The thesis consists of three studies inquiring into the effect of the various activities andErlend Rinke Maagerø-Bangstad tools. The first study explores competence development among participants in two general courses for mental health workers. The other study explores what effect locally based education and training session aimed at staff in supportive housing in mental health services have. The third, and last study, explores managers in mental health services’ perspectives on and experiences of competence development among their staff from participating in various courses and competence development activities.

The findings show that participants both in the general courses and the locally based competence development activities experienced competence development and expanded their understandings of practices in encounters with threats and violence from service users.

The managers also confirmed a development of staff competence following participation in education and training. This contributed to staff and the services being enabled in collaboration amongst themselves, with the specialized mental health services, as well as the service uses in the prevention and management of workplace threats and violence.

The managers also experienced staff taking more responsibility in work assignments both parties previously saw as the managers responsibilities in the prevention and management of threats and violence at the workplace. On the other hand, managers also experienced that competence development among staff resulted increased expectations from employees to put more effort into the prevention and management of threats and violence in the services and to implement new strategies and routines.  

The studies included in the thesis have developed knowledge about what mental health workers’ competence in the prevention and management of staff directed threats and violence consists of, but also what practices are to be preferred in encounters with threats and violence from service users.

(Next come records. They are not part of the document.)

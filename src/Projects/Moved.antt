-- ===== src/Projects/Moved.antt =====
-- `move_path` of application/project_service.py: where the moved files are found afterwards.
pub mod Result
use mathlib.Core.List.{append_assoc, append-nil, head-eq_of_cons-eq, tail-eq_of_cons-eq}
use mathlib.Core.Bool.{true≢false}
use workspace.Base.{
  ℕ, ◌≤◌, ◌≡◌, ◌≢◌, ◌⊎◌, refl, sym, ap, ◌∙◌, subst, ==_refl, true, false, ◌||◌, none, some, List,
  [], ◌∷◌, ◌++◌, Text, text_eq, text_eq-eq, text_eq_refl, length, drop, starts_with, All, find?,
  count, filter, if◌then◌else◌, on_if, Bool-cases, inl, inr, arith,
}
use workspace.Domain.Errors.{ObjectId}
use workspace.Domain.Models.{Time, ProjectFile}
use workspace.Store.{World}
use workspace.Store.Projects.{file_upsert, file_delete}
use workspace.Store.Projects.FileLaws.{file_get-upsert, file_get-delete}
use workspace.Projects.Paths.{slash}
use workspace.Projects.Paths.Fixed.{starts_with-append}
use workspace.Projects.Paths.Below.{drop-length}
use workspace.Projects.Files.{below, is_at_or_below, moved_file, move_each}
use workspace.Projects.Trees.{content_of, content_at}

-- Of two texts that begin the same text, one begins the other.
append-overlap :
    (s d a b : Text)
    → s ++ a ≡ d ++ b
    → ((t : Text) × (s ≡ d ++ t) × (t ++ a ≡ b)) ⊎ ((t : Text) × (d ≡ s ++ t) × (t ++ b ≡ a))
append-overlap [] d a b e = inr (d, refl, sym e)
append-overlap (c ∷ s) [] a b e = inl (c ∷ s, refl, e)
append-overlap (c ∷ s) (x ∷ d) a b e =
    let same = head-eq_of_cons-eq e in
    elim (append-overlap s d a b (tail-eq_of_cons-eq e)) [
      | inl (t, e1, e2) ↦ inl (t, cc, e2)
      | inr (t, e1, e2) ↦ inr (t, cc, e2)
    ]

-- What follows a directory's path: nothing, or a slash and more.
abbrev IsSuffix : Text → Type 0
IsSuffix [] = Unit
IsSuffix (c ∷ s) = c ≡ slash

suffix_starts :
    (d : Text) (c : ℕ) (t : Text) → c ≡ slash → starts_with (d ++ c ∷ t) (below d) ≡ true
suffix_starts [] c t e = ground (arith)
suffix_starts (x ∷ d) c t e = let rest = suffix_starts d c t e in ground (arith)

-- Neither path is the other or below it.
pub record Apart (src dst : Text) : Type 0 where
  pub other : src ≢ dst
  pub not_into : starts_with dst (below src) ≡ false
  pub not_out : starts_with src (below dst) ≡ false

clash :
    (s d t a b : Text)
    → s ≢ d
    → starts_with s (below d) ≡ false
    → s ≡ d ++ t
    → t ++ a ≡ b
    → IsSuffix b
    → ⊥
clash s d [] a b n out e e1 k = n (e ∙ append-nil d)
clash s d (c ∷ t) a b n out e e1 k = true≢false (
    sym (suffix_starts d c t (subst IsSuffix (sym e1) k))
    ∙ ap (λ x. starts_with x (below d)) (sym e)
    ∙ out)

apart : (src dst a b : Text) → Apart src dst → IsSuffix a → IsSuffix b → src ++ a ≢ dst ++ b
apart src dst a b n h k e = elim (append-overlap src dst a b e) [
  | inl (t, e1, e2) ↦ clash src dst t a b n.other n.not_out e1 e2 k
  | inr (t, e1, e2) ↦ clash dst src t b a (λ q. n.other (sym q)) n.not_into e1 e2 h
]

suffix_by :
    (src p s : Text)
    → p ≡ src ++ s
    → IsSuffix s
    → (p ≡ src ++ drop (length src) p) × IsSuffix (drop (length src) p)
suffix_by src p s e k =
    let same : drop (length src) p ≡ s = ap (drop (length src)) e ∙ drop-length src s in
    (e ∙ ap (λ t. src ++ t) (sym same), subst IsSuffix (sym same) k)

-- A path at or below `src` is `src` and a suffix.
suffix_of :
    (src p : Text)
    → (text_eq p src || starts_with p (below src)) ≡ true
    → (p ≡ src ++ drop (length src) p) × IsSuffix (drop (length src) p)
suffix_of src p h = elim (Bool-cases (text_eq p src)) [
  | inl e ↦ suffix_by src p [] (text_eq-eq p src e ∙ sym (append-nil src)) tt
  | inr e ↦
      let (r, e1) = starts_with-append p (below src) (ground (arith)) in
      suffix_by src p (slash ∷ r) (e1 ∙ append_assoc src (slash ∷ []) r) refl
]

append-cancel : (s a b : Text) → s ++ a ≡ s ++ b → a ≡ b
append-cancel [] a b e = e
append-cancel (c ∷ s) a b e = append-cancel s a b (tail-eq_of_cons-eq e)

-- Different files are moved to different paths.
new_path-injective :
    (src dst p q : Text)
    → (text_eq p src || starts_with p (below src)) ≡ true
    → (text_eq q src || starts_with q (below src)) ≡ true
    → dst ++ drop (length src) p ≡ dst ++ drop (length src) q
    → p ≡ q
new_path-injective src dst p q h k e =
    let (e1, _) = suffix_of src p h in
    let (e2, _) = suffix_of src q k in
    e1
    ∙ ap (λ t. src ++ t) (append-cancel dst (drop (length src) p) (drop (length src) q) e)
    ∙ sym e2

-- No file's new path is a file's old path.
new_path-fresh :
    (src dst p q : Text)
    → Apart src dst
    → (text_eq p src || starts_with p (below src)) ≡ true
    → (text_eq q src || starts_with q (below src)) ≡ true
    → p ≢ dst ++ drop (length src) q
new_path-fresh src dst p q n h k e =
    let (e1, i) = suffix_of src p h in
    let (e2, j) = suffix_of src q k in
    apart src dst (drop (length src) p) (drop (length src) q) n i j (sym e1 ∙ e)

text_eq-false : (s t : Text) → s ≢ t → text_eq s t ≡ false
text_eq-false s t n = elim (Bool-cases (text_eq s t)) [
  | inl e ↦ absurd (n (text_eq-eq s t e))
  | inr e ↦ e
]

-- The files that are moved, all at `src` or below it.
abbrev pub Matched : Text → List ProjectFile → Type 0
Matched src = All (λ g. is_at_or_below src g ≡ true)

module _ (project : ObjectId) (src dst : Text) where
  -- What the file held stands at its new path, and nothing at its old one.
  abbrev pub IsMoved : ProjectFile → World → Type 0
  IsMoved f w =
      (content_at project w (dst ++ drop (length src) f.path) ≡ some (f.size, f.content_hash))
      × (content_at project w f.path ≡ none)

module _ (project : ObjectId) (src dst : Text) (at : Time) where
  -- One move writes the new path and clears the old one.
  moved-content :
      (f : ProjectFile) (w : World) (q : Text)
      → content_at project
          (file_upsert (moved_file project src dst at f) (file_delete project f.path w))
          q
        ≡ (if text_eq (dst ++ drop (length src) f.path) q
            then some (f.size, f.content_hash)
            else if text_eq f.path q
            then none
            else content_at project w q)
  moved-content f w q =
      let self = ==_refl project in
      let put =
        file_get-upsert project q (moved_file project src dst at f)
          (file_delete project f.path w) in
      let gone = file_get-delete project project q f.path w in ap content_of put ∙ ground (arith)

  -- Paths that no move reads or writes.
  Off : Text → List ProjectFile → Type 0
  Off q = All (λ g. (g.path ≢ q) × (dst ++ drop (length src) g.path ≢ q))

  undisturbed :
      (q : Text) (fs : List ProjectFile) (w : World)
      → Off q fs
      → content_at project (move_each project src dst at fs w) q ≡ content_at project w q
  unfolding move_each Off
  undisturbed q [] w h = refl
  undisturbed q (f ∷ fs) w ((n, k), h) =
      let e = text_eq-false f.path q n in
      let e1 = text_eq-false (dst ++ drop (length src) f.path) q k in
      undisturbed q fs _ h ∙ moved-content f w q ∙ ground (arith)

  none_other :
      (f : ProjectFile) (g : ProjectFile) (fs : List ProjectFile)
      → count (λ x. text_eq x.path f.path) (g ∷ fs) ≡ 0
      → g.path ≢ f.path
  none_other f g fs h e =
      let self = text_eq_refl f.path in
      let hit : text_eq g.path f.path ≡ true = ap (λ t. text_eq t f.path) e ∙ self in ground (arith)

  new_path-Off :
      (f : ProjectFile) (fs : List ProjectFile)
      → Apart src dst
      → is_at_or_below src f ≡ true
      → Matched src fs
      → count (λ g. text_eq g.path f.path) fs ≡ 0
      → Off (dst ++ drop (length src) f.path) fs
  unfolding Off
  new_path-Off f [] n k m c = tt
  new_path-Off f (g ∷ fs) n k (i, m) c = (
    (
      new_path-fresh src dst g.path f.path n i k,
      λ e. none_other f g fs c (new_path-injective src dst g.path f.path i k e),
    ),
    new_path-Off f fs n k m (ground (arith)),
  )

  old_path-Off :
      (f : ProjectFile) (fs : List ProjectFile)
      → Apart src dst
      → is_at_or_below src f ≡ true
      → Matched src fs
      → count (λ g. text_eq g.path f.path) fs ≡ 0
      → Off f.path fs
  unfolding Off
  old_path-Off f [] n k m c = tt
  old_path-Off f (g ∷ fs) n k (i, m) c = (
    (none_other f g fs c, λ e. new_path-fresh src dst f.path g.path n k i (sym e)),
    old_path-Off f fs n k m (ground (arith)),
  )

  head-IsMoved :
      (f : ProjectFile) (fs : List ProjectFile) (w : World)
      → Apart src dst
      → is_at_or_below src f ≡ true
      → Matched src fs
      → count (λ g. text_eq g.path f.path) fs ≡ 0
      → IsMoved project src dst f (move_each project src dst at (f ∷ fs) w)
  unfolding move_each
  head-IsMoved f fs w n k m c =
      let self = text_eq_refl (dst ++ drop (length src) f.path) in
      let self_old = text_eq_refl f.path in
      let apart_old =
        text_eq-false (dst ++ drop (length src) f.path) f.path
          (λ e. new_path-fresh src dst f.path f.path n k k (sym e)) in
      (
        undisturbed (dst ++ drop (length src) f.path) fs _ (new_path-Off f fs n k m c)
            ∙ moved-content f w (dst ++ drop (length src) f.path)
            ∙ ground (arith),
        undisturbed f.path fs _ (old_path-Off f fs n k m c)
            ∙ moved-content f w f.path
            ∙ ground (arith),
      )

  pub move_each-IsMoved :
      (q : Text) (f : ProjectFile) (fs : List ProjectFile) (w : World)
      → Apart src dst
      → Matched src fs
      → count (λ g. text_eq g.path q) fs ≤ 1
      → find? (λ g. text_eq g.path q) fs ≡ some f
      → IsMoved project src dst f (move_each project src dst at fs w)
  unfolding move_each
  move_each-IsMoved q f [] w n m c e = absurd (cc)
  move_each-IsMoved q f (g ∷ fs) w n (k, m) c e = elim (Bool-cases (text_eq g.path q)) [
    | inl hit ↦
        let same : g ≡ f = ground (arith) in
        let none_behind : count (λ x. text_eq x.path g.path) fs ≡ 0 =
          ap (λ t. count (λ x. text_eq x.path t) fs) (text_eq-eq g.path q hit) ∙ ground (arith) in
        subst (λ x. IsMoved project src dst x (move_each project src dst at (g ∷ fs) w)) same
          (head-IsMoved g fs w n k m none_behind)
    | inr miss ↦ move_each-IsMoved q f fs _ n m (ground (arith)) (ground (arith))
  ]

pub filter-Matched :
    (src : Text) (fs : List ProjectFile) → Matched src (filter (is_at_or_below src) fs)
filter-Matched src [] = tt
filter-Matched src (f ∷ fs) =
    on_if (All (λ g. is_at_or_below src g ≡ true)) (is_at_or_below src f)
      (λ e. (e, filter-Matched src fs)) (λ _. filter-Matched src fs)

Traditionally, threats and violence from service users in mental health services have been countered by increased control and other authoritarian interventions, in line with zero tolerance policies prioritizing negative sanctions.

Contrary to this, the thesis concludes that the most efficacious and well-founded preventive efforts are rooted in seeing violence as a meaningful expression of disempowerment on the service user’s behalf, cooperation with service users, and staff being aware and sensitive of the person’s wishes and needs in endeavoring solution of unwanted incidents.

The thesis has implications for informal competence development activities in community mental health services. Maagerø-Bangstad and colleagues have per example found that the chance of competence development activities being successful depend on the education and training being part of an intended and planned process at each workplace, most of the staff participating together in the activities and that the activities take vantage in participants’ preexisting ways of seeing practice.

The implications for mental health practice are that the findings indicate that mental health services’ efforts at preventing and managing staff directed threats and violence in the future should be developed in line with recovery and person-centred practices promoting cooperation with and involvement of individual service users.